Scientists Seek Best Way to Clean Up the Toxic Passaic River in New Jersey
Nov. 20As Bob Chant squeezed through the gap in the chain-link fence, it was clear how little respect the Passaic River has gotten.
Chant, a Rutgers University oceanographer, was in Newark on Friday to study the river and answer what may be one of New Jersey's costliest questions: how best to deal with the toxic muck that fouls it.
Contaminated for centuries by industry and sewage, the Passaic now holds a toxic stew of PCBs, dioxins and other chemicals in its riverbed. Environmentalists say the only way to save the river is to dredge it. But that could cost hundreds of millions of dollars and some wonder if it might even do more harm than good.
Chant and his colleagues are looking for answers.
But first, the scientist had to navigate an industrial wasteland. Seeking the river, Chant came to the foot of Blanchard Street, a dead-end drive that leads to an abandoned factory at the Passaic's edge. He circled through a field of chest-high weeds, past a dead chicken and a child's sneaker, and ended up at a dilapidated, asphalt-covered pier that sagged into the water.
Nuzzled at the edge was a Rutgers research boat, piled high with sonar equipment, temperature sensors and computer equipment all intended to probe the depths of one of New Jersey's dirtiest stretches of water.

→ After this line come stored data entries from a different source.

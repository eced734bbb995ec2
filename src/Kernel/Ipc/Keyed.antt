-- ===== src/Kernel/Ipc/Keyed.antt =====
-- Calls keep the keys of the rendezvous apart, and so do the steps that replies and sends share with them.
use eotan.Prelude.{
  ℕ, ◌≡◌, ◌≢◌, refl, ◌∙◌, Bool, true, false, Option, none, some, List, [], ◌∷◌, arith, ltb,
  Bool-cases, Option-cases, inl, inr,
}
use eotan.Set.Sequence
use eotan.Set.Sequence.{Sequence, get}
use eotan.Set.Sequence.Laws.{Granted, get-Granted, get_exhausted}
use eotan.Kernel.State.{e_sys, Thread, Kernel, WaitQueue, caller, reply, wait_call, set_thread}
use eotan.Kernel.Palloc.{Memory}
use eotan.Kernel.Sync.{waiting_remove, leave_serialize, leave_serialize_and_dispatch}
use eotan.Kernel.Ipc.Message.{
  Copy, Outcome, failed, enqueue, new_reply, release_rendezvous, block, deliver, call_receiver,
  call_queued, call_keyed, call_port, ipc_call, call_ended, call_end, is_ok, for_answer,
  to_be_received, create_ipc_tag,
}
use eotan.Kernel.Ipc.Keys.{
  IsKeyed, table, table-release, table-leave_serialize, table-wait, moved, took, gave_back, unused,
}

pub leave-IsKeyed : (k : Kernel) → IsKeyed k → IsKeyed (leave_serialize k)
leave-IsKeyed k v = moved k (leave_serialize k) (table-leave_serialize k) v

pub release_rendezvous-IsKeyed :
    (key : ℕ) (k : Kernel) → IsKeyed k → IsKeyed (release_rendezvous key k)
unfolding release_rendezvous
release_rendezvous-IsKeyed key k v = elim (Option-cases (k.replies key)) [
  | inl n ↦ rw (n, release_rendezvous) v
  | inr (max, e) ↦ rw (e, release_rendezvous) (gave_back k.replies k.reply_sequence key max v e)
]

table-block :
    (q : WaitQueue) (reason : Thread → Thread) (k : Kernel) → table (block q reason k) ≡ table k
unfolding block enqueue set_thread
table-block q reason k = elim (Option-cases (k.thread k.running)) [
  | inl n ↦ rw (n, block) refl
  | inr (t, e) ↦ rw (e, block) (table-wait _)
]

table-deliver : (id : ℕ) (t : Thread) (k : Kernel) → table (deliver id t k) ≡ table k
unfolding deliver waiting_remove set_thread
table-deliver id t k = table-release id _

-- Where a call ends at once, it is not with `E_SYS`.
abbrev Fine : Option Outcome × Kernel → Type 0
Fine (o, k) = IsKeyed k × (o ≢ some (failed e_sys))

answered_later :
    (key tag message size id : ℕ) (t : Thread) (m : Memory) (k : Kernel)
    → IsKeyed k
    → IsKeyed (
        block
          (reply key)
          (for_answer message)
          (deliver id (record t { wait_size = size; wait_key = tag }) (record k { memory = m })))
answered_later key tag message size id t m k v =
    moved k
      (block (reply key) (for_answer message)
        (deliver id (record t { wait_size = size; wait_key = tag }) (record k { memory = m })))
      (table-block _ _ _ ∙ table-deliver id _ _) v

pub queued_call :
    (q : WaitQueue) (reason : Thread → Thread) (k : Kernel) → IsKeyed k → IsKeyed (block q reason k)
queued_call q reason k v = moved k (block q reason k) (table-block q reason k) v

pub replied :
    (key size id : ℕ) (t : Thread) (m : Memory) (k : Kernel)
    → IsKeyed k
    → IsKeyed (
        leave_serialize_and_dispatch (
          release_rendezvous key
            (deliver id (record t { wait_size = size }) (record k { memory = m }))))
unfolding leave_serialize_and_dispatch
replied key size id t m k v =
    let k' = deliver id (record t { wait_size = size }) (record k { memory = m }) in
    leave-IsKeyed (record (release_rendezvous key k') { no_request = false })
      (release_rendezvous-IsKeyed key k' (moved k k' (table-deliver id _ _) v))

pub sent :
    (size tag id : ℕ) (t : Thread) (m : Memory) (k : Kernel)
    → IsKeyed k
    → IsKeyed (
        leave_serialize
          (deliver id (record t { wait_size = size; wait_key = tag }) (record k { memory = m })))
sent size tag id t m k v =
    let k' = deliver id (record t { wait_size = size; wait_key = tag }) (record k { memory = m }) in
    leave-IsKeyed k' (moved k k' (table-deliver id _ _) v)

pub gone :
    (key : ℕ) (k : Kernel)
    → IsKeyed k
    → IsKeyed (leave_serialize_and_dispatch (release_rendezvous key k))
unfolding leave_serialize_and_dispatch
gone key k v =
    leave-IsKeyed (record (release_rendezvous key k) { no_request = false })
      (release_rendezvous-IsKeyed key k v)

pub call_end-IsKeyed : (key : ℕ) (k : Kernel) → IsKeyed k → IsKeyed (call_end key k).1
unfolding call_end call_ended
call_end-IsKeyed key k v = elim (Option-cases (k.thread k.running)) [
  | inl n ↦ rw (n, call_ended) (moved k (record k { crashed = true }) refl v)
  | inr (t, e) ↦ elim (Bool-cases (is_ok t.wait_result)) [
    | inl y ↦ rw (e, call_ended, y) v
    | inr n ↦
        let k' = record k { serializing = true } in
        rw (e, call_ended, n)
          (leave-IsKeyed (release_rendezvous key k') (release_rendezvous-IsKeyed key k' v))
  ]
]

module _ (copy : Copy) where
  call_receiver-Fine :
      (key tag message size id : ℕ) (k : Kernel)
      → IsKeyed k
      → Fine (call_receiver copy key tag message size id (k.thread id) k)
  unfolding call_receiver
  call_receiver-Fine key tag message size id k v = elim (Option-cases (k.thread id)) [
    | inl n ↦ rw (n, call_receiver) (moved k (record k { crashed = true }) refl v, λ e. cc)
    | inr (t, e) ↦ elim (Option-cases (copy k.running message id t.wait_message size k.memory)) [
      | inl n ↦
          rw (e, call_receiver, n)
            (leave-IsKeyed (release_rendezvous key k) (release_rendezvous-IsKeyed key k v), λ f. cc)
      | inr (m, f) ↦
          rw (e, call_receiver, f) (answered_later key tag message size id t m k v, λ f. cc)
    ]
  ]

  call_queued-Fine :
      (port key message size : ℕ) (ids : List ℕ) (k : Kernel)
      → IsKeyed k
      → Fine (call_queued copy port key message size ids k)
  unfolding call_queued
  call_queued-Fine port key message size [] k v = (
    queued_call (caller port) (to_be_received wait_call message size (create_ipc_tag k.running key))
        k v,
    λ e. cc,
  )
  call_queued-Fine port key message size (id ∷ ids) k v =
      call_receiver-Fine key _ message size id k v

  call_keyed-Fine :
      (entry : Bool) (port : ℕ) (t : Thread) (message size key : ℕ) (k : Kernel) (s : Sequence)
      → IsKeyed k
      → Granted k.reply_sequence key s
      → Fine
          (call_keyed copy entry port t message size (some key) (record k { reply_sequence = s }))
  unfolding call_keyed new_reply
  call_keyed-Fine entry port t message size key k s v g =
      let (n, w) = unused k.replies k.reply_sequence s key v g in
      elim (Bool-cases entry) [
        | inl y ↦
            rw (y, n, call_keyed)
              (call_queued-Fine port key message size _
                (new_reply key t.port_max_reply (record k { reply_sequence = s }))
                (took k.replies k.reply_sequence s key t.port_max_reply v g))
        | inr y ↦
            rw y (leave-IsKeyed (record k { reply_sequence = Sequence.release s key }) w, λ f. cc)
      ]

  call_got-Fine :
      (entry : Bool) (port : ℕ) (t : Thread) (message size : ℕ) (k : Kernel)
      → IsKeyed k
      → Fine (
          call_keyed copy entry port t message size
            (get k.reply_sequence).0
            (record k { reply_sequence = (get k.reply_sequence).1 }))
  unfolding call_keyed
  call_got-Fine entry port t message size k v = elim (Bool-cases (ltb 0 k.reply_sequence.rest)) [
    | inl y ↦
        let (key, e, g) = get-Granted k.reply_sequence v.valid (ground arith) in
        rw e (call_keyed-Fine entry port t message size key k (get k.reply_sequence).1 v g)
    | inr n ↦ rw (get_exhausted k.reply_sequence (ground arith)) (leave-IsKeyed k v, λ e. cc)
  ]

  call_port-Fine :
      (entry : Bool) (port message size : ℕ) (o : Option Thread) (k : Kernel)
      → IsKeyed k
      → Fine (call_port copy entry port message size o k)
  unfolding call_port
  call_port-Fine entry port message size none k v = (leave-IsKeyed k v, λ e. cc)
  call_port-Fine entry port message size (some t) k v = elim (Bool-cases t.port_opened) [
    | inl y ↦ elim (Bool-cases (ltb t.port_max_call size)) [
      | inl z ↦ simp (y, z) (leave-IsKeyed k v, λ e. cc)
      | inr z ↦ simp (y, z) (call_got-Fine entry port t message size k v)
    ]
    | inr n ↦ simp n (leave-IsKeyed k v, λ e. cc)
  ]

  pub ipc_call-Fine :
      (entry : Bool) (port message size : ℕ) (k : Kernel)
      → IsKeyed k
      → Fine (ipc_call copy entry port message size k)
  unfolding ipc_call
  ipc_call-Fine entry port message size k v =
      call_port-Fine entry port message size (k.thread port) (record k { serializing = true }) v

The Passaic, it turns out, still has mysteries for scientists. The information Chant's team is gathering the shape of the river's currents, the salinity of its depths, how muck spreads and settles in the water could help decide whether dredging is the solution or a colossal waste.

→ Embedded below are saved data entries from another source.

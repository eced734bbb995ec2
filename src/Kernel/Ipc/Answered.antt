-- ===== src/Kernel/Ipc/Answered.antt =====
-- Replies and sends keep the keys of the rendezvous apart.
use eotan.Prelude.{
  ℕ, ◌≢◌, refl, Bool, true, Option, none, some, List, [], ◌∷◌, ◌==◌, ltb, Bool-cases, Option-cases,
  inl, inr,
}
use eotan.Kernel.State.{e_sys, Thread, Kernel, caller, receiver, reply, wait_send}
use eotan.Kernel.Ipc.Message.{
  Copy, failed, release_rendezvous, ipc_call, call_end, key_of_ipc, to_be_received, create_ipc_tag,
}
use eotan.Kernel.Ipc.Send.{
  send_receiver, send_queued, send_port, send_to, ipc_send, reply_to, reply_queued, reply_found,
  ipc_reply,
}
use eotan.Kernel.Ipc.Keys.{IsKeyed, moved}
use eotan.Kernel.Ipc.Keyed.{
  leave-IsKeyed, release_rendezvous-IsKeyed, queued_call, replied, sent, gone, call_end-IsKeyed,
  ipc_call-Fine,
}

module _ (copy : Copy) where
  reply_to-IsKeyed :
      (key message size id : ℕ) (k : Kernel)
      → IsKeyed k
      → IsKeyed (reply_to copy key message size id (k.thread id) k).1
  unfolding reply_to
  reply_to-IsKeyed key message size id k v = elim (Option-cases (k.thread id)) [
    | inl n ↦ rw (n, reply_to) (moved k (record k { crashed = true }) refl v)
    | inr (t, e) ↦ elim (Option-cases (copy k.running message id t.wait_message size k.memory)) [
      | inl n ↦
          rw (e, reply_to, n)
            (leave-IsKeyed (release_rendezvous key k) (release_rendezvous-IsKeyed key k v))
      | inr (m, f) ↦ rw (e, reply_to, f) (replied key size id t m k v)
    ]
  ]

  reply_queued-IsKeyed :
      (key message size : ℕ) (ids : List ℕ) (k : Kernel)
      → IsKeyed k
      → IsKeyed (reply_queued copy key message size ids k).1
  unfolding reply_queued
  reply_queued-IsKeyed key message size [] k v = gone key k v
  reply_queued-IsKeyed key message size (id ∷ ids) k v = reply_to-IsKeyed key message size id k v

  reply_found-IsKeyed :
      (key message size : ℕ) (o : Option ℕ) (k : Kernel)
      → IsKeyed k
      → IsKeyed (reply_found copy key message size o k).1
  unfolding reply_found
  reply_found-IsKeyed key message size none k v =
      leave-IsKeyed (release_rendezvous key k) (release_rendezvous-IsKeyed key k v)
  reply_found-IsKeyed key message size (some max) k v = elim (Bool-cases (ltb max size)) [
    | inl y ↦ rw y (leave-IsKeyed (release_rendezvous key k) (release_rendezvous-IsKeyed key k v))
    | inr n ↦ rw n (reply_queued-IsKeyed key message size (k.wait_queue (reply key)) k v)
  ]

  ipc_reply-IsKeyed :
      (key message size : ℕ) (k : Kernel)
      → IsKeyed k
      → IsKeyed (ipc_reply copy key message size k).1
  unfolding ipc_reply
  ipc_reply-IsKeyed key message size k v =
      reply_found-IsKeyed key message size (k.replies key) (record k { serializing = true }) v

  send_receiver-IsKeyed :
      (tag message size id : ℕ) (k : Kernel)
      → IsKeyed k
      → IsKeyed (send_receiver copy tag message size id (k.thread id) k).1
  unfolding send_receiver
  send_receiver-IsKeyed tag message size id k v = elim (Option-cases (k.thread id)) [
    | inl n ↦ rw (n, send_receiver) (moved k (record k { crashed = true }) refl v)
    | inr (t, e) ↦ elim (Option-cases (copy k.running message id t.wait_message size k.memory)) [
      | inl n ↦ rw (e, send_receiver, n) (leave-IsKeyed k v)
      | inr (m, f) ↦ rw (e, send_receiver, f) (sent size tag id t m k v)
    ]
  ]

  send_queued-IsKeyed :
      (port message size : ℕ) (ids : List ℕ) (k : Kernel)
      → IsKeyed k
      → IsKeyed (send_queued copy port message size ids k).1
  unfolding send_queued
  send_queued-IsKeyed port message size [] k v =
      queued_call (caller port) (to_be_received wait_send message size (create_ipc_tag k.running 0))
        k v
  send_queued-IsKeyed port message size (id ∷ ids) k v = send_receiver-IsKeyed _ message size id k v

  send_port-IsKeyed :
      (port message size : ℕ) (o : Option Thread) (k : Kernel)
      → IsKeyed k
      → IsKeyed (send_port copy port message size o k).1
  unfolding send_port
  send_port-IsKeyed port message size none k v = leave-IsKeyed k v
  send_port-IsKeyed port message size (some t) k v = elim (Bool-cases t.port_opened) [
    | inl y ↦ elim (Bool-cases (ltb t.port_max_call size)) [
      | inl z ↦ rw (y, z) (leave-IsKeyed k v)
      | inr z ↦ rw (y, z) (send_queued-IsKeyed port message size (k.wait_queue (receiver port)) k v)
    ]
    | inr n ↦ rw n (leave-IsKeyed k v)
  ]

  ipc_send-IsKeyed :
      (tag message size : ℕ) (k : Kernel) → IsKeyed k → IsKeyed (ipc_send copy tag message size k).1
  unfolding ipc_send send_to
  ipc_send-IsKeyed tag message size k v = elim (Bool-cases (key_of_ipc tag == 0)) [
    | inl y ↦
        rw y (send_port-IsKeyed tag message size (k.thread tag) (record k { serializing = true }) v)
    | inr n ↦ rw n (ipc_reply-IsKeyed (key_of_ipc tag) message size k v)
  ]

  -- Where the free numbers of the reply sequence are just those from 1 to 1023 that are no key of a
  -- rendezvous, `ipc_call`, its end after the wait and `ipc_send`, replies included, leave it so;
  -- and `ipc_call` never fails with `E_SYS`, whatever the copying does and whether or not the slab
  -- has an entry.
  pub ipc_keys :
      (entry : Bool) (port tag message size key : ℕ) (k : Kernel)
      → IsKeyed k
      → IsKeyed (ipc_call copy entry port message size k).1
        × ((ipc_call copy entry port message size k).0 ≢ some (failed e_sys))
        × IsKeyed (call_end key k).1
        × IsKeyed (ipc_send copy tag message size k).1
  ipc_keys entry port tag message size key k v =
      let (a, b) = ipc_call-Fine copy entry port message size k v in
      (a, b, call_end-IsKeyed key k v, ipc_send-IsKeyed tag message size k v)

"It's a huge decision the state has to make," Chant says. "Should you dredge or not? You need good science to make that decision. That's why we're out here."

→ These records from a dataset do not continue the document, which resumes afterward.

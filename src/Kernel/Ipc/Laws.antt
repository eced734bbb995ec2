-- ===== src/Kernel/Ipc/Laws.antt =====
-- What a reply does to the caller, and what it does where it is refused.
use Prim.Native.Nat.{bit_or, bit_or-bitwise}
use eotan.Prelude.{
  ℕ, ◌/◌, ◌^◌, ◌<◌, ◌≤◌, ◌≡◌, refl, ap, ◌∙◌, true, Option, none, some, List, ◌∷◌, arith, ge_test,
  Option-cases, inl, inr, lt_test, ne_test,
}
use eotan.Kernel.Palloc.{Memory}
use eotan.Kernel.State.{rdy, wai, wait_none, e_ok, e_par, e_obj, Thread, Kernel, reply, set_thread}
use eotan.Kernel.State.Lists.{elem, elem-append}
use eotan.Kernel.Ready.{ready_enqueue}
use eotan.Kernel.Sync.{
  release, release_thread, waiting_remove, leave_serialize, leave_serialize_and_dispatch,
}
use eotan.Kernel.Ipc.Message.{Copy, key_of_ipc, create_ipc_tag, release_rendezvous, deliver}
use eotan.Kernel.Ipc.Send.{reply_to, reply_queued, reply_found, ipc_reply, ipc_send}

zero_or : (n : ℕ) → bit_or 0 n ≡ n
zero_or n = λ i. bit_or-bitwise 0 n i

key_of_ipc-create_ipc_tag :
    (port key : ℕ) → port < 2 ^ 16 → key < 2 ^ 16 → key_of_ipc (create_ipc_tag port key) ≡ key
unfolding key_of_ipc create_ipc_tag
key_of_ipc-create_ipc_tag port key p q =
    let e : port / 2 ^ 16 ≡ 0 = omega arith in rw (e, zero_or key) (omega arith)

released :
    (id : ℕ) (t : Thread) (k : Kernel)
    → t.status ≡ wai
    → (deliver id t k).thread id ≡ some (record t { wait_type = wait_none; status = rdy })
unfolding deliver release release_thread ready_enqueue set_thread waiting_remove
released id t k w = ground arith

released_ready :
    (id : ℕ) (t : Thread) (k : Kernel)
    → t.status ≡ wai
    → elem id ((deliver id t k).ready_task t.priority) ≡ true
unfolding deliver release release_thread ready_enqueue set_thread waiting_remove
released_ready id t k w = ground (arith, elem-append id id (k.ready_task t.priority))

keeps_ready : (key : ℕ) (k : Kernel) → (release_rendezvous key k).ready_task ≡ k.ready_task
unfolding release_rendezvous
keeps_ready key k = elim (Option-cases (k.replies key)) [
  | inl n ↦ rw (n, release_rendezvous) refl
  | inr (max, e) ↦ rw (e, release_rendezvous) refl
]

keeps_queues : (key : ℕ) (k : Kernel) → (release_rendezvous key k).wait_queue ≡ k.wait_queue
unfolding release_rendezvous
keeps_queues key k = elim (Option-cases (k.replies key)) [
  | inl n ↦ rw (n, release_rendezvous) refl
  | inr (max, e) ↦ rw (e, release_rendezvous) refl
]

forgets :
    (key max : ℕ) (k : Kernel)
    → k.replies key ≡ some max
    → (release_rendezvous key k).replies key ≡ none
unfolding release_rendezvous
forgets key max k e = rw (e, release_rendezvous) (ground arith)

keeps_threads : (key : ℕ) (k : Kernel) → (release_rendezvous key k).thread ≡ k.thread
unfolding release_rendezvous
keeps_threads key k = elim (Option-cases (k.replies key)) [
  | inl n ↦ rw (n, release_rendezvous) refl
  | inr (max, e) ↦ rw (e, release_rendezvous) refl
]

keeps_memory : (key : ℕ) (k : Kernel) → (release_rendezvous key k).memory ≡ k.memory
unfolding release_rendezvous
keeps_memory key k = elim (Option-cases (k.replies key)) [
  | inl n ↦ rw (n, release_rendezvous) refl
  | inr (max, e) ↦ rw (e, release_rendezvous) refl
]

deliver-replies : (id : ℕ) (t : Thread) (k : Kernel) → (deliver id t k).replies ≡ k.replies
unfolding deliver release release_thread ready_enqueue set_thread waiting_remove
deliver-replies id t k = ground arith

deliver-memory : (id : ℕ) (t : Thread) (k : Kernel) → (deliver id t k).memory ≡ k.memory
unfolding deliver release release_thread ready_enqueue set_thread waiting_remove
deliver-memory id t k = ground arith

-- What an accepted answer leaves to the dispatch.
pub record Answered (k : Kernel) (id key size : ℕ) (t : Thread) (m : Memory) : Type 0 where
  pub at : k.thread id ≡ some (record t { wait_type = wait_none; wait_size = size; status = rdy })
  pub ready : elem id (k.ready_task t.priority) ≡ true
  pub over : k.replies key ≡ none
  pub message : k.memory ≡ m

module _ (copy : Copy) (key message size max id : ℕ) (rest : List ℕ) (t : Thread) (m : Memory)
    (k : Kernel) (found : k.replies key ≡ some max) (fits : size ≤ max)
    (queue : k.wait_queue (reply key) ≡ id ∷ rest) (thread : k.thread id ≡ some t)
    (copied : copy k.running message id t.wait_message size k.memory ≡ some m) where
  -- the state that the answer leaves to the dispatch
  abbrev replied : Kernel
  replied =
      release_rendezvous key
        (deliver id (record t { wait_size = size }) (record k { serializing = true; memory = m }))

  replied-Answered : t.status ≡ wai → Answered replied id key size t m
  unfolding elem
  replied-Answered w =
      let k' = record k { serializing = true; memory = m } in
      let t' = record t { wait_size = size } in
      record {
        at = rw (keeps_threads key (deliver id t' k')) (released id t' k' w);
        ready = rw (keeps_ready key (deliver id t' k')) (released_ready id t' k' w);
        over = forgets key max (deliver id t' k') (rw (deliver-replies id t' k') found);
        message = rw (keeps_memory key (deliver id t' k')) (deliver-memory id t' k');
      }

  ipc_reply_lem :
      ipc_reply copy key message size k ≡ (some e_ok, leave_serialize_and_dispatch replied)
  unfolding ipc_reply reply_found reply_queued reply_to
  ipc_reply_lem =
      rw
        (
          found,
          reply_found,
          ge_test {a = max} {b = size} fits,
          queue,
          reply_queued,
          thread,
          reply_to,
          copied,
        )
        refl

  -- Where a rendezvous is open, its caller waits first in its list, the answer is not too long and
  -- can be copied, `ipc_send` to the tag that `create_ipc_tag` makes of a 16-bit port and the key
  -- (from 1 to 65535) returns `E_OK` and ends in a dispatch; before that the caller is ready in the
  -- queue of its priority with the size of the answer, the message is copied, and the rendezvous is
  -- over.
  pub ipc_send-Answered :
      (port : ℕ)
      → port < 2 ^ 16
      → 0 < key
      → key < 2 ^ 16
      → t.status ≡ wai
      → (k' : Kernel) × (ipc_send copy (create_ipc_tag port key) message size k
          ≡ (some e_ok, leave_serialize_and_dispatch k'))
        × Answered k' id key size t m
  unfolding ipc_send
  ipc_send-Answered port p z q w = (
    replied,
    rw (key_of_ipc-create_ipc_tag port key p q, ne_test {a = key} {b = 0} (omega arith))
        ipc_reply_lem,
    replied-Answered w,
  )

-- Where no dispatch is asked for, the end of a call changes nothing else.
ends_quietly :
    (k : Kernel)
    → k.no_request ≡ true
    → ((leave_serialize k).thread ≡ k.thread)
      × ((leave_serialize k).wait_queue ≡ k.wait_queue)
      × ((leave_serialize k).ready_task ≡ k.ready_task)
      × ((leave_serialize k).replies ≡ k.replies)
      × ((leave_serialize k).no_request ≡ true)
unfolding leave_serialize
ends_quietly k q = ground (arith, q)

keeps_request : (key : ℕ) (k : Kernel) → (release_rendezvous key k).no_request ≡ k.no_request
unfolding release_rendezvous
keeps_request key k = elim (Option-cases (k.replies key)) [
  | inl n ↦ rw (n, release_rendezvous) refl
  | inr (max, e) ↦ rw (e, release_rendezvous) refl
]

-- No thread, waiting list or ready queue has changed.
abbrev pub Untouched : Kernel → Kernel → Type 0
Untouched k k' =
    (k'.thread ≡ k.thread) × (k'.wait_queue ≡ k.wait_queue) × (k'.ready_task ≡ k.ready_task)

released_quietly :
    (key : ℕ) (k : Kernel)
    → k.no_request ≡ true
    → Untouched k (leave_serialize (release_rendezvous key (record k { serializing = true })))
released_quietly key k q =
    let s = record k { serializing = true } in
    let (a, b, c, d, e) = ends_quietly (release_rendezvous key s) (keeps_request key s ∙ q) in
    (a ∙ keeps_threads key s, b ∙ keeps_queues key s, c ∙ keeps_ready key s)

reply_over :
    (copy : Copy) (key message size : ℕ) (k : Kernel)
    → k.no_request ≡ true
    → k.replies key ≡ none
    → ((ipc_reply copy key message size k).0 ≡ some e_obj)
      × Untouched k (ipc_reply copy key message size k).1
unfolding ipc_reply reply_found
reply_over copy key message size k quiet n = simp n (refl, released_quietly key k quiet)

module _ (copy : Copy) (key message size : ℕ) (k : Kernel) (quiet : k.no_request ≡ true) where
  reply_refused :
      (max : ℕ)
      → k.replies key ≡ some max
      → max < size
      → ipc_reply copy key message size k
        ≡ (some e_par, leave_serialize (release_rendezvous key (record k { serializing = true })))
  unfolding ipc_reply reply_found
  reply_refused max e h = rw (e, reply_found, lt_test {a = max} {b = size} h) refl

  -- Where no dispatch is asked for, an answer that is longer than its rendezvous allows gives
  -- `E_PAR` and ends the rendezvous, and when the call is over every thread, every waiting list,
  -- that of the caller included, and every ready queue is as it was; any further answer to the same
  -- key then gives `E_OBJ` and leaves all of these as they were, too.
  pub ipc_reply_too_long :
      (max : ℕ)
      → k.replies key ≡ some max
      → max < size
      → ((ipc_reply copy key message size k).0 ≡ some e_par)
        × ((ipc_reply copy key message size k).1.replies key ≡ none)
        × Untouched k (ipc_reply copy key message size k).1
        × ((message' size' : ℕ)
            → ((ipc_reply copy key message' size' (ipc_reply copy key message size k).1).0
                ≡ some e_obj)
              × Untouched k
                  (ipc_reply copy key message' size' (ipc_reply copy key message size k).1).1)
  ipc_reply_too_long max e h = rw (reply_refused max e h) (
      let s = record k { serializing = true } in
      let k' = leave_serialize (release_rendezvous key s) in
      let u = released_quietly key k quiet in
      let (a, b, c, d, q) = ends_quietly (release_rendezvous key s) (keeps_request key s ∙ quiet) in
      let gone : k'.replies key ≡ none = ap (λ (f : ℕ → Option ℕ). f key) d ∙ forgets key max s e in
      (
        refl,
        gone,
        u,
        λ message' size'.
            let (r, v) = reply_over copy key message' size' k' q gone in
            (r, (v.0 ∙ u.0, v.1 ∙ u.1, v.2 ∙ u.2)),
      ))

Estimates of the cost of dredging the Passaic range widely, from $80 million for removing a few contaminated hot spots, into the billions if a cleanup includes the entire lower river from Newark Bay to the Dundee Dam between Passaic and Garfield. Along the Hudson River in upstate New York, an effort to clean up PCB-tainted sediment is expected to cost $500 million.
As a result, government and industry are waiting for guidance from experts like Chant.
"We're all in favor of figuring out the best way to do this," said Michael Turner, a spokesman for the company that owns Diamond Alkali, the former pesticide factory blamed for much of the pollution in the river.
Chant's visit Friday was part of a yearlong, $180,000 study of the Passaic's physical profile. The team from Rutgers' Institute of Marine and Coastal Sciences deployed sensors at several spots along the river. The equipment will be there until the water freezes this winter, gathering data on temperatures, pressure and other factors that affect how dredged sediments might move in the river.
One target was the stretch outside the old Diamond Alkali site, which produced Agent Orange, the defoliant used by the U.S. military in the Vietnam War. The site is now on the federal Superfund list of the nation's most contaminated sites.
Floating beside the site, Chant and three colleagues deployed an acoustic Doppler current profiler a tripod-shaped contraption that uses sound waves to measures the river's currents, as well as the amount of sediment drifting through the water.
The device gathers data once a second for 10 minutes, taking a half-hour off before resuming the cycle.
Two technicians attached the profiler to a canary-yellow buoy and an anchor, its heavy chain rumbling on the deck as the weight sank below. Next, the profiler went overboard, along with a salinity meter to record salt levels.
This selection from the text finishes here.